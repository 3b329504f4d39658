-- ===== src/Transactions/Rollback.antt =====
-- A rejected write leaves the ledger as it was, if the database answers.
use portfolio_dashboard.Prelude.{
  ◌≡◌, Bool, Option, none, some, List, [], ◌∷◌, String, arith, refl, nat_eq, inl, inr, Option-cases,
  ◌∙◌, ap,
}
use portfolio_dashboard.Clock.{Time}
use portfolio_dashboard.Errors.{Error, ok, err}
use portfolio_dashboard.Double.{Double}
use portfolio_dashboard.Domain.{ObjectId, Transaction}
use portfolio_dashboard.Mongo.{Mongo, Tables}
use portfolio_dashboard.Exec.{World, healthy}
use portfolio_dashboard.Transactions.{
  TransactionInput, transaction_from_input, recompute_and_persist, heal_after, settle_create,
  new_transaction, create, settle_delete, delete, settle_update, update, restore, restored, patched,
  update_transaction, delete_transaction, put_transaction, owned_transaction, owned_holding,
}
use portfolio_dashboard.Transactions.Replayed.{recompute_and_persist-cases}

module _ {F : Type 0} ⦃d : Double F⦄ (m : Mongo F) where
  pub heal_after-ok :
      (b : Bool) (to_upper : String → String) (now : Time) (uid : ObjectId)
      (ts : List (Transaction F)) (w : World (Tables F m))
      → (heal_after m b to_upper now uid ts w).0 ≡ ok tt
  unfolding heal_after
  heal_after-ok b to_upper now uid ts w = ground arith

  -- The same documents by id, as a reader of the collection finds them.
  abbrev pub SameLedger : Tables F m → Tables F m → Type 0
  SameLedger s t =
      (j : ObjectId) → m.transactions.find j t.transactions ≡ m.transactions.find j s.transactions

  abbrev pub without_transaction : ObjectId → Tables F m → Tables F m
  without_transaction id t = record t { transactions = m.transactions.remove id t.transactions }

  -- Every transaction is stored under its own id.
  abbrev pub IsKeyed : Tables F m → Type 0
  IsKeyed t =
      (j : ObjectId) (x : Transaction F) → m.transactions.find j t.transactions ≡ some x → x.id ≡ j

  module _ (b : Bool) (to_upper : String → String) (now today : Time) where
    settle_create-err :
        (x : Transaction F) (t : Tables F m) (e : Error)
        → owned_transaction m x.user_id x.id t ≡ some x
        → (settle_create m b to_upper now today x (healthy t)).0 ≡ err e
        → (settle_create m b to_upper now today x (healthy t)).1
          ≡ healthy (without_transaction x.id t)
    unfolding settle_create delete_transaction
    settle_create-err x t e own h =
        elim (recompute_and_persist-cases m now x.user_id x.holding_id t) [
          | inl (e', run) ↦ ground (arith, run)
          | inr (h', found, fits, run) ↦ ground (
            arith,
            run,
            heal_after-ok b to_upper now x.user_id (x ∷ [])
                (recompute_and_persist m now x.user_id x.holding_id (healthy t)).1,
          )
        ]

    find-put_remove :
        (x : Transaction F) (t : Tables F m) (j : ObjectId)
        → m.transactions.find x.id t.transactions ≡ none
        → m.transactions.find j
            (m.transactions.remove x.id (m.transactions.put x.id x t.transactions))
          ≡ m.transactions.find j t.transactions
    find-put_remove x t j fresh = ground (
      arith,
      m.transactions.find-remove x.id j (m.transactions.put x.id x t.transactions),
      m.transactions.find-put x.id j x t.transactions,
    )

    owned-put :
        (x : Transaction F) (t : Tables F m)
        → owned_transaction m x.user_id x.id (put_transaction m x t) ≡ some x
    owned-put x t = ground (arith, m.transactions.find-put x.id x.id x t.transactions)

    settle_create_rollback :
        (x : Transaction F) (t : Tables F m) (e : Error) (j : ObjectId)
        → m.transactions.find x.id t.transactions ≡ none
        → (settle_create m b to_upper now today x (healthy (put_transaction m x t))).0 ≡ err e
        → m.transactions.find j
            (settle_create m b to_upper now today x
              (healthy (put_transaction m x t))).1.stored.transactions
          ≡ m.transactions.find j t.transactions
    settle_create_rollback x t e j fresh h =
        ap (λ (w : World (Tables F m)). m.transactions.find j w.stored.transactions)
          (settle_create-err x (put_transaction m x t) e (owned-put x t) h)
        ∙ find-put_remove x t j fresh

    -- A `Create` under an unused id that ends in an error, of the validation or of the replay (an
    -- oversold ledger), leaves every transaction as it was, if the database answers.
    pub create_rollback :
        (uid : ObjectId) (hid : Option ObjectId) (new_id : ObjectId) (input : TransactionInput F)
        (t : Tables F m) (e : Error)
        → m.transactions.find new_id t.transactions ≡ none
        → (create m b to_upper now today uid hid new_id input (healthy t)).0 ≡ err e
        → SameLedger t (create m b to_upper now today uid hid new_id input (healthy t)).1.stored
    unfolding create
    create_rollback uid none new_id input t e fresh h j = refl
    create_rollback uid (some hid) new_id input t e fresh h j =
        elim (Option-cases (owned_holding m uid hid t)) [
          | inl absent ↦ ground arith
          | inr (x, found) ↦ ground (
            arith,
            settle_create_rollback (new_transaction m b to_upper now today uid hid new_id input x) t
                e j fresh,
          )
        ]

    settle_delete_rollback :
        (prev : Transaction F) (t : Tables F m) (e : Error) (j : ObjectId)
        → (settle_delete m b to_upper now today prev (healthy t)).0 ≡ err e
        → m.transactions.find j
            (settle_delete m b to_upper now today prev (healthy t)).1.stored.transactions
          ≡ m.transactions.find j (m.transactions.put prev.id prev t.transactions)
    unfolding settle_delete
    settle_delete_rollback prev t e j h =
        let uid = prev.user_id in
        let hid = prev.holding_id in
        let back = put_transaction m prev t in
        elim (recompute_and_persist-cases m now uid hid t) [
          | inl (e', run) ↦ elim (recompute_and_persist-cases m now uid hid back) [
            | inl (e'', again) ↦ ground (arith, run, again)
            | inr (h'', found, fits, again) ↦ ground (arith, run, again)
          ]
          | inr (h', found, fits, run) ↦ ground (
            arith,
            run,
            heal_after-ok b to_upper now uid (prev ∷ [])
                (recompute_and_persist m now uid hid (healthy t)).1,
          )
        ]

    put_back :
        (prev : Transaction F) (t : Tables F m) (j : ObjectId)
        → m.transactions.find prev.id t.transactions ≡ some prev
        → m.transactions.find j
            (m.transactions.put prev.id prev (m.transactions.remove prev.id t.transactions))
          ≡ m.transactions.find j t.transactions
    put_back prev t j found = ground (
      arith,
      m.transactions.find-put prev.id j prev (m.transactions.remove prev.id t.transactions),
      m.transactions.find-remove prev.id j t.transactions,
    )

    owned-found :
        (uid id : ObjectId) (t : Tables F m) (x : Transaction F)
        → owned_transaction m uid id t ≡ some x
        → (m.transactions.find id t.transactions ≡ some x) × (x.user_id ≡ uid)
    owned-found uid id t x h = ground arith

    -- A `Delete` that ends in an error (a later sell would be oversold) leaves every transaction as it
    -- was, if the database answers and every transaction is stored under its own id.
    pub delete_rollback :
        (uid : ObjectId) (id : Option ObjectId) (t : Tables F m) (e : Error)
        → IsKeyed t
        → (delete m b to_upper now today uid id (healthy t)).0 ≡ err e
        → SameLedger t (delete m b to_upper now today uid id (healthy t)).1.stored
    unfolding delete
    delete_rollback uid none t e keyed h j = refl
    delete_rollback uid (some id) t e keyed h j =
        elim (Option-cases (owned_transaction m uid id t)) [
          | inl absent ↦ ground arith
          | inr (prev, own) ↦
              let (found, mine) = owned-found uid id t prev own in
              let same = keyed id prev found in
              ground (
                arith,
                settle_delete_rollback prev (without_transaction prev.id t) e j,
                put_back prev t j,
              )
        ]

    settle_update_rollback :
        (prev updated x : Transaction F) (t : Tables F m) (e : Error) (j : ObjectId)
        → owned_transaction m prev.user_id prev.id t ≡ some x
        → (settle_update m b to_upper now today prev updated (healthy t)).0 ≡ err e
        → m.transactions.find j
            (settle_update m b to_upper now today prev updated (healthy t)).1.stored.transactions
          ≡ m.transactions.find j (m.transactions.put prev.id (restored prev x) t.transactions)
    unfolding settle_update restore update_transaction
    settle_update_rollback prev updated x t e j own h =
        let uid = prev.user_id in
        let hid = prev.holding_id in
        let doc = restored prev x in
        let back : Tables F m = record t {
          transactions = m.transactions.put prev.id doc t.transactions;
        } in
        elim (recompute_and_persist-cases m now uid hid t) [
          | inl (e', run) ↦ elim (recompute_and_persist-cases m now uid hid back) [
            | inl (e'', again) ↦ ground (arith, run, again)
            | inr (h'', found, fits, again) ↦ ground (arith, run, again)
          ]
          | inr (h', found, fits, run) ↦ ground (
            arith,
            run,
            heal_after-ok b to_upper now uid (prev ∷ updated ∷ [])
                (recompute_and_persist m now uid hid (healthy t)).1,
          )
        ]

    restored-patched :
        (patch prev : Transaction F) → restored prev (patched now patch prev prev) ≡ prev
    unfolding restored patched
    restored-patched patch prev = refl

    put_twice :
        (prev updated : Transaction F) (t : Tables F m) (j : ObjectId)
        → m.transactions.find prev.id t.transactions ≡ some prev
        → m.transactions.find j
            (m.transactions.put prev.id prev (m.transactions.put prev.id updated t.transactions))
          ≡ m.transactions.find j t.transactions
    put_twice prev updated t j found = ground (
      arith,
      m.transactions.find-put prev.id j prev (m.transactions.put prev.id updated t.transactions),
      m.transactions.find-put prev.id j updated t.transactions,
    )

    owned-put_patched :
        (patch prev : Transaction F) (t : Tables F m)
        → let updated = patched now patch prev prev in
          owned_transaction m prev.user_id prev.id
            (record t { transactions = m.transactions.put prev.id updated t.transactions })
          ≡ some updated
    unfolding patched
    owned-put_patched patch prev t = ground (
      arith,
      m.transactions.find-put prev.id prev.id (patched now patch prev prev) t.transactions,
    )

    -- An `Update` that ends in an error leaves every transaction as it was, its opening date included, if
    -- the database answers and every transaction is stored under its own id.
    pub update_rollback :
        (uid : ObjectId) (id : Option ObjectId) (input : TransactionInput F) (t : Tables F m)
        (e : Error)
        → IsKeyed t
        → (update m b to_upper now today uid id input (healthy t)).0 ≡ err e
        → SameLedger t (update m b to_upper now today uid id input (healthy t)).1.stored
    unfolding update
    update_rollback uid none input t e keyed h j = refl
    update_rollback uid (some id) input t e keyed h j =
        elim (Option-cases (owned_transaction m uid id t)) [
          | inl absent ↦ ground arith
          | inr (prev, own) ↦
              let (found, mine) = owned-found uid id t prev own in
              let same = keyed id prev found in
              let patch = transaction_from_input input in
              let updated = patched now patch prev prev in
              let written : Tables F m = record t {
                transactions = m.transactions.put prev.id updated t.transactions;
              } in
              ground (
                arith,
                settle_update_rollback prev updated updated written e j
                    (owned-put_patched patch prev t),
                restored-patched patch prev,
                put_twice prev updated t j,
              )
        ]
==
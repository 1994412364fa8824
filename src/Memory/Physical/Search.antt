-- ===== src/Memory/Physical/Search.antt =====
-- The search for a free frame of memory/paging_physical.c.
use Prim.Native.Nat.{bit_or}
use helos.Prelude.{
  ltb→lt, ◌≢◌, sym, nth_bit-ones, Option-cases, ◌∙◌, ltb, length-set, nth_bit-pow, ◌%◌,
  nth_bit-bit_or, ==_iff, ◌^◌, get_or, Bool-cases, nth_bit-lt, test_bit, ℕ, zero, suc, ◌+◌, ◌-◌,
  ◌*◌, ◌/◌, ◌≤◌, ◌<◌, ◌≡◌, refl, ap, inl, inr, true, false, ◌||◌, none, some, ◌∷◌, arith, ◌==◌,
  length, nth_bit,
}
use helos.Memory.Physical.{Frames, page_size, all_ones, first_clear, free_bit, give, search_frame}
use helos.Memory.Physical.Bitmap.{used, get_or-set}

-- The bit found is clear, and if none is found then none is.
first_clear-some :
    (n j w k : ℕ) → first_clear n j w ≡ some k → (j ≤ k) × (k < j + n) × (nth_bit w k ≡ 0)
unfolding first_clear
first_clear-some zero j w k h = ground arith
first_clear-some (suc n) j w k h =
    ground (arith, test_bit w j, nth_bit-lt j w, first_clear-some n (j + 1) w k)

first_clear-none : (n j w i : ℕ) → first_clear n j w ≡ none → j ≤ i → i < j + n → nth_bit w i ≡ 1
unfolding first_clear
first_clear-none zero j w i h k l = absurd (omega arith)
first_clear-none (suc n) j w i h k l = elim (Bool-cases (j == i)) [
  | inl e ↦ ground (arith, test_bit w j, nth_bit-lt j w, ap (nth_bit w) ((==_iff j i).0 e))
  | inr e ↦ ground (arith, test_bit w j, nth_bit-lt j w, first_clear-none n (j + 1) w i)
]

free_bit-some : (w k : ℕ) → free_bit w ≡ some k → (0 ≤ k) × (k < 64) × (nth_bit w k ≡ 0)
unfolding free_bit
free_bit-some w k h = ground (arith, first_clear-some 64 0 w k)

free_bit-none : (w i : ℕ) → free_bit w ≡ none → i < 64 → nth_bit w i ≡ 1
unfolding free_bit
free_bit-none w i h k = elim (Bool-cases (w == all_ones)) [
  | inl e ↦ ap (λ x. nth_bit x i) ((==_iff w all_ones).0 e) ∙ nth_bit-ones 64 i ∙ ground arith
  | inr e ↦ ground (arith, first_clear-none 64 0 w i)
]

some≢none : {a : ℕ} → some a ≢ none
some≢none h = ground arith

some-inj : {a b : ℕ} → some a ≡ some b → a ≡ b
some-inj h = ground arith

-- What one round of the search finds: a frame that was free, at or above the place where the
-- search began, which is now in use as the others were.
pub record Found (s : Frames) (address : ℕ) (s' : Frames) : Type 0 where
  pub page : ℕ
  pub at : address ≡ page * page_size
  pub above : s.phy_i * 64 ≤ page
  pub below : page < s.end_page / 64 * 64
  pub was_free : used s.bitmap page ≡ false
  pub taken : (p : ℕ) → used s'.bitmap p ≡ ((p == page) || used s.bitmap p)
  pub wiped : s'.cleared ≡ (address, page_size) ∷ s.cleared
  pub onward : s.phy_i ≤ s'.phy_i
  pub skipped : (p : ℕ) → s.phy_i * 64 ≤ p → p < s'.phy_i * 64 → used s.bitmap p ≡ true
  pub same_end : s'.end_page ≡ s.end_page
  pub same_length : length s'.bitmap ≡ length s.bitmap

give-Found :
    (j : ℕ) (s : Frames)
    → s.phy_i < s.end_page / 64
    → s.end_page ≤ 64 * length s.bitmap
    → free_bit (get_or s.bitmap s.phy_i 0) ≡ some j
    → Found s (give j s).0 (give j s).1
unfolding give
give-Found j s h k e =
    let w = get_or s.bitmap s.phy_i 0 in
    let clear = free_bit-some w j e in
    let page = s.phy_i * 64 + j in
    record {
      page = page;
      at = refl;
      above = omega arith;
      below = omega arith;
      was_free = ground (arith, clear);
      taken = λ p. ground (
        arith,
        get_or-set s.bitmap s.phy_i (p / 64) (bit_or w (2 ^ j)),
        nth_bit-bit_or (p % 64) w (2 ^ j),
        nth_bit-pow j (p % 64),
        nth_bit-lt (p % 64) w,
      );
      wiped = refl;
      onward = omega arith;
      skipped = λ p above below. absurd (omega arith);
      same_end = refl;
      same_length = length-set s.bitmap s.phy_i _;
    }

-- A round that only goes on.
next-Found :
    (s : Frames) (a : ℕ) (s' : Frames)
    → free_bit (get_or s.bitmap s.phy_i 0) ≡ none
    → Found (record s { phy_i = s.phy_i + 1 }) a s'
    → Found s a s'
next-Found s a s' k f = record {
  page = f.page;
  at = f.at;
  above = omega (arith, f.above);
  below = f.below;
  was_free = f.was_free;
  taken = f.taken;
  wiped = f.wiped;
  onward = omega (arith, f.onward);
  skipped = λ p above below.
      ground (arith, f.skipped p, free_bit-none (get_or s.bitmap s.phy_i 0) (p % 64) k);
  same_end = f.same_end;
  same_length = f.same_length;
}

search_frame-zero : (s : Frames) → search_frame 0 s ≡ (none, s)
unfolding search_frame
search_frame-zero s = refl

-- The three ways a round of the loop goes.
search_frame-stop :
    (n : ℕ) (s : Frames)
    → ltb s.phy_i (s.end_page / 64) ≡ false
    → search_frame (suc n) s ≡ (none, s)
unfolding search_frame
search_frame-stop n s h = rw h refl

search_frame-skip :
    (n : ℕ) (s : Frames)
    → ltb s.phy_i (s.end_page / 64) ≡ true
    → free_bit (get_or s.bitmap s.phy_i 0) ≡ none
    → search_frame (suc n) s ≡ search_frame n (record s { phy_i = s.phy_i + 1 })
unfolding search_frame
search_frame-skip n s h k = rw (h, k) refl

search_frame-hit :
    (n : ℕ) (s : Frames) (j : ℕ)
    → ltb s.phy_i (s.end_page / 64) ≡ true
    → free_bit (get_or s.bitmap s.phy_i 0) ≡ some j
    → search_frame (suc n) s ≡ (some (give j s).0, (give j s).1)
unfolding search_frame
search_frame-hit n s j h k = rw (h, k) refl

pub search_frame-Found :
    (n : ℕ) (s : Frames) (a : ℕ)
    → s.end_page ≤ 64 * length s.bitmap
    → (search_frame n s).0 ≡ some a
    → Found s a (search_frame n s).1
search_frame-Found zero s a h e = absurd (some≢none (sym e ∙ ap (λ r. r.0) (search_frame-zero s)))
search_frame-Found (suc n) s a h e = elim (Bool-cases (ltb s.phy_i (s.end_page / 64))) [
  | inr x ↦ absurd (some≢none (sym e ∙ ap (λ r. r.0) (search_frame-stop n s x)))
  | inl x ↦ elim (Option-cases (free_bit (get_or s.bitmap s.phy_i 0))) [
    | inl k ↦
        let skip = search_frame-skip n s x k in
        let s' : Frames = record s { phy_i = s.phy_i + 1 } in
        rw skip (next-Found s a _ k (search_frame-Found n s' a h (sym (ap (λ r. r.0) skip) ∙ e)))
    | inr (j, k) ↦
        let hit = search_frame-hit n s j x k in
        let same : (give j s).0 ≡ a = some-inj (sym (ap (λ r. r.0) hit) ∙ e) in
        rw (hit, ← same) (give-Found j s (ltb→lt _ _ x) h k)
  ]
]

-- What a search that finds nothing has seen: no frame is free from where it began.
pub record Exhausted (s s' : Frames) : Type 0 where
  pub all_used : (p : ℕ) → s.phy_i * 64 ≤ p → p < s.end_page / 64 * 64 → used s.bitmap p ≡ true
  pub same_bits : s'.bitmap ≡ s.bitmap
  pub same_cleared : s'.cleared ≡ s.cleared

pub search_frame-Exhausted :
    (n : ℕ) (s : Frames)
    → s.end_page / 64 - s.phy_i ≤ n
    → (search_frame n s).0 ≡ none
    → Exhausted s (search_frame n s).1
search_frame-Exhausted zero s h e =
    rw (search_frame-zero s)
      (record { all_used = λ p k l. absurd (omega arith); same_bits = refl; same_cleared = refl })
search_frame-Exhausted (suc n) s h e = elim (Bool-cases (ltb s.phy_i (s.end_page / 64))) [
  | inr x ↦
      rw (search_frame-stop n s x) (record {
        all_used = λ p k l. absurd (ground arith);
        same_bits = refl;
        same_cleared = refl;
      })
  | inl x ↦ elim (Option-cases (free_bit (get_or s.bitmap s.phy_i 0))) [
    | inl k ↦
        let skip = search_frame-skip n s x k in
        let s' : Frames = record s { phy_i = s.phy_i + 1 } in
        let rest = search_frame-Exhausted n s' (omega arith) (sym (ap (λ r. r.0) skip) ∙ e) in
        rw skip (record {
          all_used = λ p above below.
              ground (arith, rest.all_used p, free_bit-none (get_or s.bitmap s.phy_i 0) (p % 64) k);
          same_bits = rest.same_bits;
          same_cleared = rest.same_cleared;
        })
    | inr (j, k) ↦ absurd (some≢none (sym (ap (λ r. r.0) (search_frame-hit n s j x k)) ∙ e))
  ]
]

What the task requires.
In the data above, retype exactly and only the lines between the one holding "(b : Bool) (to_upper : String → String) (now : Time)" and the one holding "heal_after-ok b to_upper now uid ts", inclusive.

Answer below.
      (b : Bool) (to_upper : String → String) (now : Time) (uid : ObjectId)
      (ts : List (Transaction F)) (w : World (Tables F m))
      → (heal_after m b to_upper now uid ts w).0 ≡ ok tt
  unfolding heal_after
  heal_after-ok b to_upper now uid ts w = ground arith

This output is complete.